The Australian Energy Regulator (AER) has released a draft decision that drastically reduces and backdates expenditure allowed on the ACT’s electricity distribution network for the period 1 July 2014 to 30 June 2019. The decision has been heavily criticised by electricity distribution company ActewAGL.

ActewAGL Chief Executive Officer, Michael Costello, spoke on the issue: “This decision does not make sense. ActewAGL currently has the cheapest and most reliable network in regards to unplanned blackouts in Australia and yet the AER decision says we’re less efficient than other utilities.”

“We expected a modest reduction in our revenue allowance given the downward movements in financial market conditions since we submitted our proposal in June. But a cut to our revenue of 28 per cent (a reduction of $300 million over five years/$60 million per year) is unfathomable.”

“This revenue reduction is based on unprecedented and excessive cuts of 42 per cent (a reduction of $160 million over five years) to our operating expenditure and 34 per cent (a reduction of $128 million over five years) to our capital expenditure. All of these cuts will have a significant impact on our customers and staff.”

“This decision is to be backdated to 1 July 2014, and in addition there will be major restructuring costs to implement. However, the AER has not taken into account any of these costs so the effective cut to our operating expenditure is more like 61 per cent from next year onwards. This has to change.”

“The AER has primarily based its draft decision to cut operating costs on highly questionable statistical analysis comparing ActewAGL to other network businesses. This analysis is based on data for Australian distribution companies that the AER’s benchmarking consultants have said leads to results that are ‘unstable and unreliable.’ Furthermore, the analysis has been subject to a flawed consultation process. The way the AER proposes to use the results is reckless and simply not fit for this regulatory purpose.”

“The proposed cuts to our operating expenditure will result in a reduction of $1.60 per week for a typical Canberra resident that uses 7,000 kWh of electricity per annum. This is a small amount of saving compared to the major impact the cuts will have on the reliability, safety, and security of ACT electricity distribution network.”

“Our customers currently receive the most reliable and cheapest electricity service in Australia and we are extremely concerned the AER’s draft decision won’t allow us to operate and maintain our network to ensure we continue to deliver a highly reliable and secure electricity supply to 177,000 homes and businesses.”
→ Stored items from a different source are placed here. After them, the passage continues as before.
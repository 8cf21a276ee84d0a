-- ===== src/Processor/Untouched.antt =====
-- What the actions of pkg/processor/processor.go leave alone: a worker's batch and a call of
-- `Submit` on a closed channel.
use extend_game_telemetry_co.Prelude.{ℕ, ◌≡◌, refl, Bool, true, false, Option, none, some, update}
use extend_game_telemetry_co.Dedup.{Deduplicator}
use extend_game_telemetry_co.Processor.{
  Processor, Worker, Caller, entered, fresh, sending, waiting, sent, count_received, finished, idle,
  panicked, settle, set_worker, set_caller, advance, advance_from, checked, check, mark_seen,
  try_send,
}
use extend_game_telemetry_co.Processor.Batcher.{Flushing}
use extend_game_telemetry_co.Processor.Invariant.{process_batches-Processed}

module _ {D T : Type 0} where
  -- After a worker has settled, it alone has changed among the workers.
  pub record Settled (i : ℕ) (w : Worker T) (p q : Processor D T) : Type 0 where
    pub pool : q.pool ≡ update p.pool i w
    pub workers : q.workers ≡ p.workers
    pub input_chan : q.input_chan ≡ p.input_chan
    pub cancelled : q.cancelled ≡ p.cancelled
    pub accepted : q.accepted ≡ p.accepted

  pub settle-Settled :
      (i : ℕ) (exited : Bool) (r : Flushing T) (p : Processor D T)
      → Settled i (record { batcher = r.0; exited = exited }) p (settle i exited r p)
  unfolding settle set_worker
  settle-Settled i exited r p =
      let done =
        process_batches-Processed r.1
          (set_worker i (record { batcher = r.0; exited = exited }) p) in
      record {
        pool = done.pool;
        workers = done.workers;
        input_chan = done.input_chan;
        cancelled = done.cancelled;
        accepted = done.accepted;
      }

  -- The channel, the workers, the plugins and the history of accepted events are as before.
  pub record Kept (p q : Processor D T) : Type 0 where
    pub pool : q.pool ≡ p.pool
    pub workers : q.workers ≡ p.workers
    pub input_chan : q.input_chan ≡ p.input_chan
    pub cancelled : q.cancelled ≡ p.cancelled
    pub accepted : q.accepted ≡ p.accepted
    pub plugins : q.plugins ≡ p.plugins

  abbrev pub kept : {p : Processor D T} → Kept p p
  kept = record {
    pool = refl;
    workers = refl;
    input_chan = refl;
    cancelled = refl;
    accepted = refl;
    plugins = refl;
  }

  pub set_caller-Kept : (j : ℕ) (c : Caller T) (p : Processor D T) → Kept p (set_caller j c p)
  unfolding set_caller
  set_caller-Kept j c p = record {
    pool = refl;
    workers = refl;
    input_chan = refl;
    cancelled = refl;
    accepted = refl;
    plugins = refl;
  }

  -- A send on a closed channel panics.
  pub try_send-closed :
      (j : ℕ) (event : T) (blocked : Caller T) (p : Processor D T)
      → p.input_chan.closed ≡ true
      → try_send j event blocked p ≡ set_caller j (finished panicked) p
  unfolding try_send
  try_send-closed j event blocked p closed = rw closed refl

  try_send-Kept :
      (j : ℕ) (event : T) (blocked : Caller T) (p : Processor D T)
      → p.input_chan.closed ≡ true
      → Kept p (try_send j event blocked p)
  try_send-Kept j event blocked p closed =
      rw (try_send-closed j event blocked p closed) (set_caller-Kept j (finished panicked) p)

  checked-Kept :
      (o : Option Bool) (j : ℕ) (event : T) (p : Processor D T) → Kept p (checked o j event p)
  unfolding checked set_caller
  checked-Kept none j event p = set_caller-Kept j (fresh event) p
  checked-Kept (some false) j event p = set_caller-Kept j (fresh event) p
  checked-Kept (some true) j event p = record {
    pool = refl;
    workers = refl;
    input_chan = refl;
    cancelled = refl;
    accepted = refl;
    plugins = refl;
  }

  check-Kept :
      (o : Option (Deduplicator D T)) (now j : ℕ) (event : T) (p : Processor D T)
      → Kept p (check o now j event p)
  unfolding check
  check-Kept none now j event p = set_caller-Kept j (sending event) p
  check-Kept (some d) now j event p =
      checked-Kept (d.is_duplicate p.cancelled now p.dedup_state event) j event p

  mark_seen-Kept :
      (o : Option (Deduplicator D T)) (now j : ℕ) (event : T) (p : Processor D T)
      → Kept p (mark_seen o now j event p)
  unfolding mark_seen set_caller
  mark_seen-Kept none now j event p = set_caller-Kept j (sending event) p
  mark_seen-Kept (some d) now j event p = record {
    pool = refl;
    workers = refl;
    input_chan = refl;
    cancelled = refl;
    accepted = refl;
    plugins = refl;
  }

  advance_from-Kept :
      (c : Caller T) (now j : ℕ) (p : Processor D T)
      → p.input_chan.closed ≡ true
      → Kept p (advance_from c now j p)
  unfolding advance_from count_received set_caller
  advance_from-Kept (entered event) now j p closed = check-Kept p.deduplicator now j event p
  advance_from-Kept (fresh event) now j p closed = mark_seen-Kept p.deduplicator now j event p
  advance_from-Kept (sending event) now j p closed = try_send-Kept j event (waiting event) p closed
  advance_from-Kept (waiting event) now j p closed = try_send-Kept j event (waiting event) p closed
  advance_from-Kept sent now j p closed = record {
    pool = refl;
    workers = refl;
    input_chan = refl;
    cancelled = refl;
    accepted = refl;
    plugins = refl;
  }
  advance_from-Kept (finished o) now j p closed = kept
  advance_from-Kept idle now j p closed = kept

  -- No action of a caller of `Submit` changes a closed channel, or the workers.
  pub advance-Kept :
      (now j : ℕ) (p : Processor D T) → p.input_chan.closed ≡ true → Kept p (advance now j p)
  unfolding advance
  advance-Kept now j p closed = advance_from-Kept (p.callers j) now j p closed
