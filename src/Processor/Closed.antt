-- ===== src/Processor/Closed.antt =====
-- What `Submit` and the workers of pkg/processor/processor.go do once `Shutdown` closed the channel.
use extend_game_telemetry_co.Prelude.{ℕ, ap, ◌∙◌, ◌≡◌, refl, Bool, true, List, arith, ==_iff}
use extend_game_telemetry_co.Processor.{
  Processor, entered, sending, waiting, finished, panicked, refused, receive, leave, timer_expires,
  timer_fires, settle, set_caller, advance, advance_from, refuse, enter, close_input, cancel,
  dedup_changes,
}
use extend_game_telemetry_co.Processor.Batcher.{Flushing}
use extend_game_telemetry_co.Processor.Untouched.{
  Kept, set_caller-Kept, advance-Kept, settle-Settled, try_send-closed,
}
use extend_game_telemetry_co.Processor.Steps.{
  Step, receives, leaves_closed, leaves_cancelled, expires, fires, enters, advances, refuses,
  closes, cancels, changes, Reach, here, later,
}

module _ {D T : Type 0} where
  -- The channel is closed, and what was accepted before is all that is accepted.
  abbrev pub Shut : List T → Processor D T → Type 0
  Shut accepted p = (p.input_chan.closed ≡ true) × (p.accepted ≡ accepted)

  Kept-Shut :
      (accepted : List T) {p q : Processor D T} → Kept p q → Shut accepted p → Shut accepted q
  Kept-Shut accepted k h = (ap (λ c. c.closed) k.input_chan ∙ h.0, k.accepted ∙ h.1)

  settle-Shut :
      (accepted : List T) (i : ℕ) (exited : Bool) (r : Flushing T) (p : Processor D T)
      → Shut accepted p
      → Shut accepted (settle i exited r p)
  settle-Shut accepted i exited r p h =
      let s = settle-Settled i exited r p in
      (ap (λ c. c.closed) s.input_chan ∙ h.0, s.accepted ∙ h.1)

  Step-Shut :
      (accepted : List T) {p q : Processor D T} → Step p q → Shut accepted p → Shut accepted q
  unfolding receive leave timer_expires timer_fires enter refuse close_input cancel dedup_changes
  Step-Shut accepted {p} (receives i event rest lt up has) h =
      settle-Shut accepted i (p.pool i).exited _
        (record p { input_chan = record p.input_chan { buf = rest } }) h
  Step-Shut accepted {p} (leaves_closed i lt up none_left closed) h =
      settle-Shut accepted i true _ p h
  Step-Shut accepted {p} (leaves_cancelled i lt up cancelled) h = settle-Shut accepted i true _ p h
  Step-Shut accepted {p} (expires i lt) h = settle-Shut accepted i (p.pool i).exited _ p h
  Step-Shut accepted {p} (fires i lt) h = settle-Shut accepted i (p.pool i).exited _ p h
  Step-Shut accepted {p} (enters j event free) h =
      Kept-Shut accepted (set_caller-Kept j (entered event) p) h
  Step-Shut accepted {p} (advances now j) h = Kept-Shut accepted (advance-Kept now j p h.0) h
  Step-Shut accepted {p} (refuses j event waits cancelled) h =
      Kept-Shut accepted (set_caller-Kept j (finished refused) p) h
  Step-Shut accepted (closes open_chan) h = (refl, h.1)
  Step-Shut accepted (cancels closed) h = h
  Step-Shut accepted (changes d) h = h

  -- Once the channel is closed it stays closed, and no further event is accepted, whatever the
  -- goroutines do in whatever order.
  pub accepts_nothing :
      (p q : Processor D T)
      → Reach p q
      → p.input_chan.closed ≡ true
      → (q.input_chan.closed ≡ true) × (q.accepted ≡ p.accepted)
  accepts_nothing p _ here closed = (closed, refl)
  accepts_nothing p r (later {q} reached step) closed =
      Step-Shut p.accepted step (accepts_nothing p q reached closed)

  -- A call of `Submit` that comes to its send after the channel was closed panics.
  pub late_send_panics :
      (p q : Processor D T) (now j : ℕ) (event : T)
      → Reach p q
      → p.input_chan.closed ≡ true
      → q.callers j ≡ sending event
      → (advance now j q).callers j ≡ finished panicked
  unfolding advance advance_from set_caller
  late_send_panics p q now j event reached closed at_send = rw at_send (
      rw (try_send-closed j event (waiting event) q (accepts_nothing p q reached closed).0)
        (ground (arith, ==_iff j j)))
“Our customers have consistently told us they don’t want lower prices if this means lower levels of service and electricity supply reliability.”

“The draft decision will also put at risk our ability to provide for Canberra’s future energy needs as our city continues to grow. Cuts to capital expenditure will seriously impact our project work including construction of a new zone substation at Molonglo and important asset replacement programs such as aging underground cables.”

“We reject the AER draft decision and will respond constructively through the regulatory process so that the AER is able to make a final decision in the long-term interest of ActewAGL’s customers and staff, enabling us to deliver what they have told us they want – a safe and reliable network.”

“Otherwise we will have no choice but to contest the final decision using the established review processes including the Federal Court and the Competition Tribunal to get the right outcome for our customers and our staff.”